I asked on a FB group and thought I would ask here. I'm really curious, especially for those who live in climates like ours (KY) vs. south or areas where it's warmer and drier.

How long does it generally take for your Boer kids to get the required pigment for showing?

It's usually not an issue, kid out in Jan-Mar, my kids typically start showing in early June, by then everyone is good.
This winter they've been stuck in the barn more than years past, so not a lot of natural Vitamin D (sunshine) so far. Overall they are fine, but have one from a family that matures into dark pigment, he is still very pink. I'm a bit disappointed since my kids want to go to a show next month. They don't normally show until June, so no one is show prepped/ready/etc. So we're just randomly trying to select a few they can take so they can participate. I'm so torn on if I should register him or wait for pigment to come in.

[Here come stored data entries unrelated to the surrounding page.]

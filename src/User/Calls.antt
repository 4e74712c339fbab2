-- ===== src/User/Calls.antt =====
-- pkg/syscall/src/macros.rs and pkg/lib/src/syscall.rs: what a program sees of a system call. `trap` is what
-- `int 0x80` does with the registers and everything else; a str or a slice is its address and length. `sleep` is
-- left out.
pub mod Answers
use sysu_ysosv.Prelude.{
  ℕ, ◌%◌, ◌^◌, ◌-◌, Bool, Option, none, some, leb, ◌==◌, if◌then◌else◌, Outcome, returns, panics,
  ◌>>=◌,
}
use sysu_ysosv.Proc.Context.{Context}
use sysu_ysosv.Syscall

-- `as isize`, with None for a negative number
abbrev pub unless_negative : ℕ → Option ℕ
unless_negative ret = if leb (2 ^ 63) ret then none else some ret

module _ {S : Type 0} (trap : Context → S → Outcome (Context × S)) where
  -- A result with the registers and the rest of the machine
  abbrev pub Ran : Type 0 → Type 0
  Ran A = Outcome (A × Context × S)

  unfoldable pub int_0x80 : Context → S → Ran ℕ
  int_0x80 c s = do (c', s') ← trap c s; returns (c'.regs.rax, c', s')

  -- syscall0 to syscall3
  unfoldable pub syscall0 : Syscall.Syscall → Context → S → Ran ℕ
  unfolding int_0x80 Syscall.number
  syscall0 n c s = int_0x80 (record c { regs = record c.regs { rax = Syscall.number n } }) s

  unfoldable pub syscall1 : Syscall.Syscall → ℕ → Context → S → Ran ℕ
  unfolding int_0x80 Syscall.number
  syscall1 n arg0 c s =
      int_0x80 (record c { regs = record c.regs { rax = Syscall.number n; rdi = arg0 } }) s

  unfoldable pub syscall2 : Syscall.Syscall → ℕ → ℕ → Context → S → Ran ℕ
  unfolding int_0x80 Syscall.number
  syscall2 n arg0 arg1 c s =
      int_0x80
        (record c { regs = record c.regs { rax = Syscall.number n; rdi = arg0; rsi = arg1 } }) s

  unfoldable pub syscall3 : Syscall.Syscall → ℕ → ℕ → ℕ → Context → S → Ran ℕ
  unfolding int_0x80 Syscall.number
  syscall3 n arg0 arg1 arg2 c s =
      int_0x80
        (record c {
          regs = record c.regs { rax = Syscall.number n; rdi = arg0; rsi = arg1; rdx = arg2 };
        })
        s

  -- What a program makes of rax.
  abbrev pub reading : {A : Type 0} → (ℕ → A) → Ran ℕ → Ran A
  reading read r = do (ret, c, s) ← r; returns (read ret, c, s)

  unfoldable pub sys_write : ℕ → ℕ → ℕ → Context → S → Ran (Option ℕ)
  unfolding syscall3
  sys_write fd buf len c s = reading unless_negative (syscall3 Syscall.sys_write fd buf len c s)

  unfoldable pub sys_read : ℕ → ℕ → ℕ → Context → S → Ran (Option ℕ)
  unfolding syscall3
  sys_read fd buf len c s = reading unless_negative (syscall3 Syscall.sys_read fd buf len c s)

  unfoldable pub sys_wait_pid : ℕ → Context → S → Ran ℕ
  unfolding syscall1
  sys_wait_pid pid c s = syscall1 Syscall.sys_wait_pid pid c s

  unfoldable pub sys_list_app : Context → S → Ran (Unit {0})
  unfolding syscall0
  sys_list_app c s = reading (λ ret. tt) (syscall0 Syscall.sys_list_app c s)

  unfoldable pub sys_list_dir : ℕ → ℕ → Context → S → Ran (Unit {0})
  unfolding syscall2
  sys_list_dir path len c s = reading (λ ret. tt) (syscall2 Syscall.sys_list_dir path len c s)

  unfoldable pub sys_stat : Context → S → Ran (Unit {0})
  unfolding syscall0
  sys_stat c s = reading (λ ret. tt) (syscall0 Syscall.sys_stat c s)

  unfoldable pub sys_allocate : ℕ → Context → S → Ran ℕ
  unfolding syscall1
  sys_allocate layout c s = syscall1 Syscall.sys_allocate layout c s

  unfoldable pub sys_deallocate : ℕ → ℕ → Context → S → Ran ℕ
  unfolding syscall2
  sys_deallocate ptr layout c s = syscall2 Syscall.sys_deallocate ptr layout c s

  unfoldable pub sys_spawn : ℕ → ℕ → Context → S → Ran ℕ
  unfolding syscall2
  sys_spawn path len c s = reading (λ ret. ret % 2 ^ 16) (syscall2 Syscall.sys_spawn path len c s)

  unfoldable pub sys_get_pid : Context → S → Ran ℕ
  unfolding syscall0
  sys_get_pid c s = reading (λ ret. ret % 2 ^ 16) (syscall0 Syscall.sys_get_pid c s)

  -- Coming back from the call panics.
  unfoldable pub sys_exit : ℕ → Context → S → Ran (Unit {0})
  unfolding syscall1
  sys_exit code c s = do _ ← syscall1 Syscall.sys_exit code c s; panics

  unfoldable pub sys_print_info : ℕ → Context → S → Ran ℕ
  unfolding syscall1
  sys_print_info pid c s = reading (λ ret. ret % 2 ^ 16) (syscall1 Syscall.sys_print_info pid c s)

  unfoldable pub sys_time : Context → S → Ran ℕ
  unfolding syscall0
  sys_time c s = syscall0 Syscall.sys_time c s

  unfoldable pub sys_fork : Context → S → Ran ℕ
  unfolding syscall0
  sys_fork c s = reading (λ ret. ret % 2 ^ 16) (syscall0 Syscall.sys_fork c s)

  unfoldable pub sys_new_sem : ℕ → ℕ → Context → S → Ran Bool
  unfolding syscall3
  sys_new_sem key value c s = reading (λ ret. ret == 0) (syscall3 Syscall.sys_sem 0 key value c s)

  unfoldable pub sys_remove_sem : ℕ → Context → S → Ran Bool
  unfolding syscall2
  sys_remove_sem key c s = reading (λ ret. ret == 0) (syscall2 Syscall.sys_sem 1 key c s)

  unfoldable pub sys_sem_signal : ℕ → Context → S → Ran Bool
  unfolding syscall2
  sys_sem_signal key c s = reading (λ ret. ret == 0) (syscall2 Syscall.sys_sem 2 key c s)

  unfoldable pub sys_sem_wait : ℕ → Context → S → Ran Bool
  unfolding syscall2
  sys_sem_wait key c s = reading (λ ret. ret == 0) (syscall2 Syscall.sys_sem 3 key c s)

  unfoldable pub sys_open_file : ℕ → ℕ → Context → S → Ran ℕ
  unfolding syscall2
  sys_open_file path len c s = reading (λ ret. ret % 2 ^ 8) (syscall2 Syscall.sys_open path len c s)

  unfoldable pub sys_close_file : ℕ → Context → S → Ran Bool
  unfolding syscall1
  sys_close_file fd c s = reading (λ ret. ret == 0) (syscall1 Syscall.sys_close fd c s)

  unfoldable pub sys_brk : Option ℕ → Context → S → Ran (Option ℕ)
  unfolding syscall1
  sys_brk addr c s =
      reading (λ ret. if ret == 2 ^ 64 - 1 then none else some ret)
        (syscall1 Syscall.sys_brk (elim addr [ some a ↦ a | none ↦ 0 ]) c s)
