-- ===== src/User/Calls/Answers.antt =====
-- What a program learns of a call that the kernel has served.
use sysu_ysosv.Prelude.{
  ℕ, ◌%◌, ◌^◌, ◌<◌, ◌≡◌, refl, Bool, false, not, some, is_some, [], ◌∷◌, ◌++◌, arith, Outcome,
  returns, ◌>>=◌, Bool-cases, inl, inr,
}
use sysu_ysosv.Prelude.Map.{Map, lookup, insert, remove}
use sysu_ysosv.Memory.X86.{X86}
use sysu_ysosv.Resource.{KeyQueue, FileIo, close_handle}
use sysu_ysosv.Sync.{wake_up, signal_sem}
use sysu_ysosv.Proc.Context.{Context}
use sysu_ysosv.Proc.State.{Family, Process, pause}
use sysu_ysosv.Proc.Spawn.{UserSelectors}
use sysu_ysosv.Proc.Calls.{current_family, close_file, on_sems}
use sysu_ysosv.Proc.Schedule.Semaphores.{sem_signal-eq}
use sysu_ysosv.Syscall
use sysu_ysosv.Syscall.Dispatch.{from_number, Surroundings, Caller, serve, dispatcher}
use sysu_ysosv.Syscall.Dispatch.Numbers.{from_number-number}
use sysu_ysosv.User.Calls.{syscall3, sys_close_file, sys_sem_signal, int_0x80}

module _ (x : X86) (q : KeyQueue) (io : FileIo) (w : Surroundings io.File) (physical_offset : ℕ)
    (selectors : UserSelectors) where
  abbrev pub kernel_call :
      Context
      → Caller x q io w physical_offset selectors
      → Outcome (Context × Caller x q io w physical_offset selectors)
  kernel_call = dispatcher x q io w physical_offset selectors

  -- The call that a program makes with three arguments is the one that the kernel serves, with these arguments; what the
  -- service leaves in rax is the answer.
  pub syscall3-serve :
      (n : Syscall.Syscall) (arg0 arg1 arg2 : ℕ) (c : Context)
      (s : Caller x q io w physical_offset selectors)
      → syscall3 kernel_call n arg0 arg1 arg2 c s ≡ (do
        (c', s') ←
            serve x q io w physical_offset selectors n
              (record { arg0 = arg0; arg1 = arg1; arg2 = arg2 })
              (record c {
                regs = record c.regs { rax = Syscall.number n; rdi = arg0; rsi = arg1; rdx = arg2 };
              })
              s
        returns (c'.regs.rax, c', s'))
  unfolding syscall3 int_0x80 dispatcher
  syscall3-serve n arg0 arg1 arg2 c s = rw (from_number-number n) refl

  -- What the caller is told, and the families of processes after the call
  abbrev pub told :
      Outcome (Bool × Context × Caller x q io w physical_offset selectors)
      → Outcome (Bool × Map (Family io.File))
  told r = do (answer, c, s) ← r; returns (answer, s.kernel.families)

  -- Suppose that the process that runs is of a family. Then sys_close_file closes the descriptor, and answers false if there was
  -- one to close and true if there was none.
  pub sys_close_file_inverted :
      (fd : ℕ) (c : Context) (s : Caller x q io w physical_offset selectors) (id : ℕ)
      (f : Family io.File)
      → fd < 2 ^ 8
      → current_family s.kernel ≡ returns (id, f)
      → told (sys_close_file kernel_call fd c s)
        ≡ returns (
          not (is_some (lookup fd f.resources)),
          insert id (record f { resources = remove fd f.resources }) s.kernel.families,
        )
  unfolding dispatcher sys_close_file serve from_number Syscall.close_service close_file
      close_handle
  sys_close_file_inverted fd c s id f small e =
      let same : fd % 2 ^ 8 ≡ fd = ground arith in
      elim (Bool-cases (is_some (lookup fd f.resources))) [
        | inl there ↦ rw (same, e, ◌>>=◌, there) refl
        | inr gone ↦ rw (same, e, ◌>>=◌, gone) refl
      ]

  -- Suppose that a process waits for the semaphore at a key. Then sys_sem_signal wakes it, and still answers false: the
  -- number of the call is left in rax.
  pub sys_sem_signal_denies :
      (key pid : ℕ) (c : Context) (s : Caller x q io w physical_offset selectors) (p : Process)
      (families : Map (Family io.File))
      → key < 2 ^ 32
      → lookup pid s.kernel.processes ≡ some p
      → on_sems (signal_sem key) s.kernel
        ≡ returns (wake_up pid, record s.kernel { families = families })
      → (c' : Context) × (sys_sem_signal kernel_call key c s
          ≡ returns (
            false,
            c',
            record s {
              kernel = record s.kernel {
                processes = insert pid (pause p) s.kernel.processes;
                ready_queue = s.kernel.ready_queue ++ pid ∷ [];
                families = families;
              };
            },
          ))
  unfolding dispatcher sys_sem_signal serve from_number Syscall.sem_service
  sys_sem_signal_denies key pid c s p families small there e =
      let same : key % 2 ^ 32 ≡ key = ground arith in
      let c' = record c { regs = record c.regs { rax = 64; rdi = 2; rsi = key } } in
      (c', rw (same, sem_signal-eq key pid c' s.kernel p families there e) refl)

Thought I would post a pic to show what I mean. Also thought I'd update with any changes in the future to show progress. If anyone else has a pigment picture story to share that would be great.










I seriously have anxiety issues, and this time of year I want to stress about this or that, complain about this little fault or that one. I drive myself crazy. So it helps a lot to come here and chat with you all about it.


----------



## ksalvagno (Oct 6, 2009)

What about giving him some vitamin D. I would think his pigment could change in a month but certainly not a guarantee.


----------



## toth boer goats (Jul 20, 2008)

I usually see dotted area's, then the kid fills in more and more as he or she gets older.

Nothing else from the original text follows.